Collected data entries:
________________________

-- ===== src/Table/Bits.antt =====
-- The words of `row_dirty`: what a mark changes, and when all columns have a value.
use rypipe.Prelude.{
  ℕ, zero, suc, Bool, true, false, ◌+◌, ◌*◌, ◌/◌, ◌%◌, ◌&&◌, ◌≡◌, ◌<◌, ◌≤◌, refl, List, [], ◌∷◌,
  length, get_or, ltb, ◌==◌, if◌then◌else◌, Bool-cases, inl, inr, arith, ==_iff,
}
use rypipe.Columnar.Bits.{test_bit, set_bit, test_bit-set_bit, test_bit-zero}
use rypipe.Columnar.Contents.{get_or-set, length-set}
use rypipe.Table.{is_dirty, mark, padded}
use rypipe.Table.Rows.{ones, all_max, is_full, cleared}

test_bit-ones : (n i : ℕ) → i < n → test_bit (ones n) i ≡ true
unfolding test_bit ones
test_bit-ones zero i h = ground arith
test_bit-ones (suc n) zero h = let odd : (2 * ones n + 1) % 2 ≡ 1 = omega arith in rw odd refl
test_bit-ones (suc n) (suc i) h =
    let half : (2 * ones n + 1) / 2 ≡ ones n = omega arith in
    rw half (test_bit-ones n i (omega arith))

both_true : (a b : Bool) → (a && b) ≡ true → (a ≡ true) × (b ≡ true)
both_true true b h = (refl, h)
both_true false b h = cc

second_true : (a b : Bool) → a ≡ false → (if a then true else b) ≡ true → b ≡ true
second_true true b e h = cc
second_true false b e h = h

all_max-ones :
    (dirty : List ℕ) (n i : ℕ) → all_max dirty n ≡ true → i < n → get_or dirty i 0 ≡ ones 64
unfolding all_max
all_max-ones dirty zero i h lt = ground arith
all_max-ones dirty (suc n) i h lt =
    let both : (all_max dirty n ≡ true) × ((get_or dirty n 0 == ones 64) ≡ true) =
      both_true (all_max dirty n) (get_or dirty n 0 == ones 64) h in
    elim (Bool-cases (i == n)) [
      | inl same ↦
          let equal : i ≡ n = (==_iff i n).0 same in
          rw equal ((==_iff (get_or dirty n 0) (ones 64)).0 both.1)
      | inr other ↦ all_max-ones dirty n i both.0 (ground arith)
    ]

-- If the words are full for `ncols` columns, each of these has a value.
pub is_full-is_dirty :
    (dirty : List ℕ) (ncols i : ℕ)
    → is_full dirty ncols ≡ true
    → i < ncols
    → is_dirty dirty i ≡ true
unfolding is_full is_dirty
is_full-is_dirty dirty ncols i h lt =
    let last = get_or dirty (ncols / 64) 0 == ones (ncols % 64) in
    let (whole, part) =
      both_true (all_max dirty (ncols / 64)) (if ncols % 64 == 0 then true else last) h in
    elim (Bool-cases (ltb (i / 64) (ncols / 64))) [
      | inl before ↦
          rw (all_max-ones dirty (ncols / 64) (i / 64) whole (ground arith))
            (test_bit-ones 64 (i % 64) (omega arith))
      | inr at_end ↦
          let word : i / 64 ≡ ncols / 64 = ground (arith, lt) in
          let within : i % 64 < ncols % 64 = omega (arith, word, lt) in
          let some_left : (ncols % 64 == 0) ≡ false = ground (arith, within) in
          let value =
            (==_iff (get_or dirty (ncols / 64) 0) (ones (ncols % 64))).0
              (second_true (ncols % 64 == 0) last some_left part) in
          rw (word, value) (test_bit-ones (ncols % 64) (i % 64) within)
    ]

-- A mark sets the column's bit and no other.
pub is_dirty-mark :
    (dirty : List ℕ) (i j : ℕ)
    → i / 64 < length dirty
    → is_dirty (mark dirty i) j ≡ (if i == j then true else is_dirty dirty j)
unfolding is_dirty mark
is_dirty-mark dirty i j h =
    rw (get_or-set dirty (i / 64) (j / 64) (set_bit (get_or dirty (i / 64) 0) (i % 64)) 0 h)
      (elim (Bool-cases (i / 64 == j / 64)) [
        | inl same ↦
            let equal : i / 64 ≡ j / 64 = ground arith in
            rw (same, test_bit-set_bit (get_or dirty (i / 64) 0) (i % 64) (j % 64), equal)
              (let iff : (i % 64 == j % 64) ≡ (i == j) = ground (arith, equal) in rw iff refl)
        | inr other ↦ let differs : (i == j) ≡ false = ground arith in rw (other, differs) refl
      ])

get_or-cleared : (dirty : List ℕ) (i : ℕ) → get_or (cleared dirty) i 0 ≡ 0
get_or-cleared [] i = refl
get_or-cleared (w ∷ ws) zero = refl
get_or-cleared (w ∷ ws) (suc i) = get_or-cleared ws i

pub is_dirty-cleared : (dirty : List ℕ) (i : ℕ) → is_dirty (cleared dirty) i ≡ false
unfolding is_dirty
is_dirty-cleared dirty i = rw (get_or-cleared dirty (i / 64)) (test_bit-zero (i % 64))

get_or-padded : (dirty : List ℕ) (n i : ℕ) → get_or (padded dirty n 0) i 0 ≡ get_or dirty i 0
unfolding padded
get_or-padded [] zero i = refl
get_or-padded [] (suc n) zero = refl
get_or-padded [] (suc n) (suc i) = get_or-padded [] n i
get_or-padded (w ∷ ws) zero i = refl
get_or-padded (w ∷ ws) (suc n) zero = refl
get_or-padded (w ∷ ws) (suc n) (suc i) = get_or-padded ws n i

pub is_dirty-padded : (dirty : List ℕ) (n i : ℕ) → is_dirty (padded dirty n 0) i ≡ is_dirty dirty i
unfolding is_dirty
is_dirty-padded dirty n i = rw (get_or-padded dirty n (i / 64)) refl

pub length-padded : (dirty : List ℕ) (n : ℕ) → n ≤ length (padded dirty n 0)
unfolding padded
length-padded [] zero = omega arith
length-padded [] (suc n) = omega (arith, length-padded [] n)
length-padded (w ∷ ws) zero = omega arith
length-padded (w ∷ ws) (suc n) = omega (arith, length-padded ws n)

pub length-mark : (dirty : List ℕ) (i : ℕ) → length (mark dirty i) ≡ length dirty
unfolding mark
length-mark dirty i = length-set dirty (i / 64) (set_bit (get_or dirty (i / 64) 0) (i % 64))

________________________

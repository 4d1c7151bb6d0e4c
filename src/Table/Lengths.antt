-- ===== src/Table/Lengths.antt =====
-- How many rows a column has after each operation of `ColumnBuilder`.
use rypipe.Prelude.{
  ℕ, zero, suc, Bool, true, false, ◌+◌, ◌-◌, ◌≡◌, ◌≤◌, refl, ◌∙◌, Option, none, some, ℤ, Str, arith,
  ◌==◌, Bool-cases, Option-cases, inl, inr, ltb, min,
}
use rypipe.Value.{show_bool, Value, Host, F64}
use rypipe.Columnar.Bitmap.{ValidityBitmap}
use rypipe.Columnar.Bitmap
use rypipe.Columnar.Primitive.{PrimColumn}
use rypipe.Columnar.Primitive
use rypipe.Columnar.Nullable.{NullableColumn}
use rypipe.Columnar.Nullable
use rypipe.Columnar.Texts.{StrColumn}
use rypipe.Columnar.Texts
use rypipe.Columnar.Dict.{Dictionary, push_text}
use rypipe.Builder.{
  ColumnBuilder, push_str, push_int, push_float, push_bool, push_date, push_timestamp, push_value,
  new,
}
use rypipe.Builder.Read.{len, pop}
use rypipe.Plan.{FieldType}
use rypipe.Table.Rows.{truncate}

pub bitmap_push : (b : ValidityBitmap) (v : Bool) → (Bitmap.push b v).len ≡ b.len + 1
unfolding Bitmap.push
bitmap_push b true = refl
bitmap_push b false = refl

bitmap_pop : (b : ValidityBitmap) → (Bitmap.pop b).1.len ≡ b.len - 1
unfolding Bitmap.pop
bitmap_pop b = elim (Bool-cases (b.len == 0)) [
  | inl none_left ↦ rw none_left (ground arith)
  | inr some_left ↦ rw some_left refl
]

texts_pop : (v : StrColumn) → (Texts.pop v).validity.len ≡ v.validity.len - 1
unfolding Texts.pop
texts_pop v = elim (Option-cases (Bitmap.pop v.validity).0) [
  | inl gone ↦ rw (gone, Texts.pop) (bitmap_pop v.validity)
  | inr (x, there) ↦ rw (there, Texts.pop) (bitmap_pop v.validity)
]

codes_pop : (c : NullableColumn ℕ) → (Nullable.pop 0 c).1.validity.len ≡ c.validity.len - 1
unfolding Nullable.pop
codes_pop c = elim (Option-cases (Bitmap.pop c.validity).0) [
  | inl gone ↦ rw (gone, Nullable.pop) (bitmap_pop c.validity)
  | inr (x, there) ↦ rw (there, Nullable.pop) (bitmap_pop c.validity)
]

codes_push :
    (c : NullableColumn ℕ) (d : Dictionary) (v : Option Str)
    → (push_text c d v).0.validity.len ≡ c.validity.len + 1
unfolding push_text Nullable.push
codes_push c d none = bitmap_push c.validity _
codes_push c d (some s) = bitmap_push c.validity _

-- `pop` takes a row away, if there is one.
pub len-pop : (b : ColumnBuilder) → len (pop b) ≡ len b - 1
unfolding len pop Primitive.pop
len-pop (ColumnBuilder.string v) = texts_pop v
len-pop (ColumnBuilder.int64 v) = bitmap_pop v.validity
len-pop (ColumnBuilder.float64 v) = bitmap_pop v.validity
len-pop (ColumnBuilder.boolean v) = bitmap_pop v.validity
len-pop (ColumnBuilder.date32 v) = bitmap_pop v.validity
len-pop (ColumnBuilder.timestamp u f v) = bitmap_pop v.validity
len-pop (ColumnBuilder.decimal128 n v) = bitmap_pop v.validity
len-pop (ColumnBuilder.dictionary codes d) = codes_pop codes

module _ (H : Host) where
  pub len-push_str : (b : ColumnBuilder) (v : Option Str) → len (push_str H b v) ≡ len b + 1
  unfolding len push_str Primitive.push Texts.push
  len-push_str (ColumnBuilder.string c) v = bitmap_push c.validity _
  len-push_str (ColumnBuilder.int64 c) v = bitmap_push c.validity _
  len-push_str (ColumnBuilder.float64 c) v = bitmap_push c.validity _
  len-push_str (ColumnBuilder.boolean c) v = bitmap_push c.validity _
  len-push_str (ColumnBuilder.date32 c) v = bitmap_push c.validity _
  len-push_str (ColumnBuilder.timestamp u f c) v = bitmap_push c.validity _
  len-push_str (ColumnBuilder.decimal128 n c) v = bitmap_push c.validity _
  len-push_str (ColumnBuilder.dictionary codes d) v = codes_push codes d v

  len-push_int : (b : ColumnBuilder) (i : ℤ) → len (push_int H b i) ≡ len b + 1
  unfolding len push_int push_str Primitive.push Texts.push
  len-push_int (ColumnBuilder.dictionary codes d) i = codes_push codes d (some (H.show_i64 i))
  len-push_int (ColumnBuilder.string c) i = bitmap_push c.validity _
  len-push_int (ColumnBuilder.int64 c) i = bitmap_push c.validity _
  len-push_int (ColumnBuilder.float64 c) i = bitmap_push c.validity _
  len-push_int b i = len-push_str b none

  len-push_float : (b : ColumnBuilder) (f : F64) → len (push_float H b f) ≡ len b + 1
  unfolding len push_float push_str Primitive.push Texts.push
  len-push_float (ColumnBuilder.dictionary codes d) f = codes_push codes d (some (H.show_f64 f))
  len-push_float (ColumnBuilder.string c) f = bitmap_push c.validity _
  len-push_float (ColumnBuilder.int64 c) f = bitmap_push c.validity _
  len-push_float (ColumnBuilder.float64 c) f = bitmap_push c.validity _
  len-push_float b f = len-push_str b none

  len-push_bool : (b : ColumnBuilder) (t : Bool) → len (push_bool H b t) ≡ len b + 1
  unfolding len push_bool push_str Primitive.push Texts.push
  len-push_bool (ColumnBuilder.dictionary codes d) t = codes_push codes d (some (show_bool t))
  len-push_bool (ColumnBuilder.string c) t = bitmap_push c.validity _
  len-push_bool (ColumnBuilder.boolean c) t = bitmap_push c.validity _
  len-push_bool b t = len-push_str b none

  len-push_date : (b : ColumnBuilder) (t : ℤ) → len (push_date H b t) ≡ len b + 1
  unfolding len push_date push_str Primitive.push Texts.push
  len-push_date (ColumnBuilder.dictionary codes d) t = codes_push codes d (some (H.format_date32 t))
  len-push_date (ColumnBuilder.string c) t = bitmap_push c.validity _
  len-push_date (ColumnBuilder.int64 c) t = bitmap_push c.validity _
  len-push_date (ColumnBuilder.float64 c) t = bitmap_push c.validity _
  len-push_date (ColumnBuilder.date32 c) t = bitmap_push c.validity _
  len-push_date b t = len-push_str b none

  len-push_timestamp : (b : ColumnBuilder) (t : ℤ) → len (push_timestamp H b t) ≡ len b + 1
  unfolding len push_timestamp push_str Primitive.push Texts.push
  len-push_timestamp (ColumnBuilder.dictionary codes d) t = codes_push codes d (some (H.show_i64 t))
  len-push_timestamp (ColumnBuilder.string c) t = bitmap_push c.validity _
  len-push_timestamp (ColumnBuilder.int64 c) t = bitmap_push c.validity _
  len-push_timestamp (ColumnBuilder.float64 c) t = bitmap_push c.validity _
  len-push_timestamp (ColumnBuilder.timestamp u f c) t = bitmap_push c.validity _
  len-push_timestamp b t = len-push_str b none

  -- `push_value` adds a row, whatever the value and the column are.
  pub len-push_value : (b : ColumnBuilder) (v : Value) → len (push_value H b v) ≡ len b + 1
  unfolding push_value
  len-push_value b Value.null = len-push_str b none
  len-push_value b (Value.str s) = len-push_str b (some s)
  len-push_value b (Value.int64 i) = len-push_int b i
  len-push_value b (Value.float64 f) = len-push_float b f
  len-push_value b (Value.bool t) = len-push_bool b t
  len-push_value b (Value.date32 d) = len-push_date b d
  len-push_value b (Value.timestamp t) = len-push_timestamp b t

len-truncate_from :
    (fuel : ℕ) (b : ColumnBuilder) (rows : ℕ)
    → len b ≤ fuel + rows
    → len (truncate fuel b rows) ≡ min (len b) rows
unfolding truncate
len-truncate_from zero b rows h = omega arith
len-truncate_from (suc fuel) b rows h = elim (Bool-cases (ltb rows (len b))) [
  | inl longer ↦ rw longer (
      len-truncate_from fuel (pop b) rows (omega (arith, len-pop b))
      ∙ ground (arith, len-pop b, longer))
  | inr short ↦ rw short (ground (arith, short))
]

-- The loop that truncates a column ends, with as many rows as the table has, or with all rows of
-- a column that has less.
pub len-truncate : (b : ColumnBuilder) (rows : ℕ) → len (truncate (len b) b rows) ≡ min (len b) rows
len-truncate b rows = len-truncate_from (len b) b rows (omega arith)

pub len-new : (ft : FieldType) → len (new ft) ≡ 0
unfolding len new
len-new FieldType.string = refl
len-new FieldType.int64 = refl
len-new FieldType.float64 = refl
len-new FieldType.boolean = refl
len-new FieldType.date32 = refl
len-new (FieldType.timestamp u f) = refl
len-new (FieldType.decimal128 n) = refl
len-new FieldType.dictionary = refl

________________________

What you are asked to do -> Count the lines in the entries above that hold the string "gone", and give that count without any other text.

Worked solution -> 2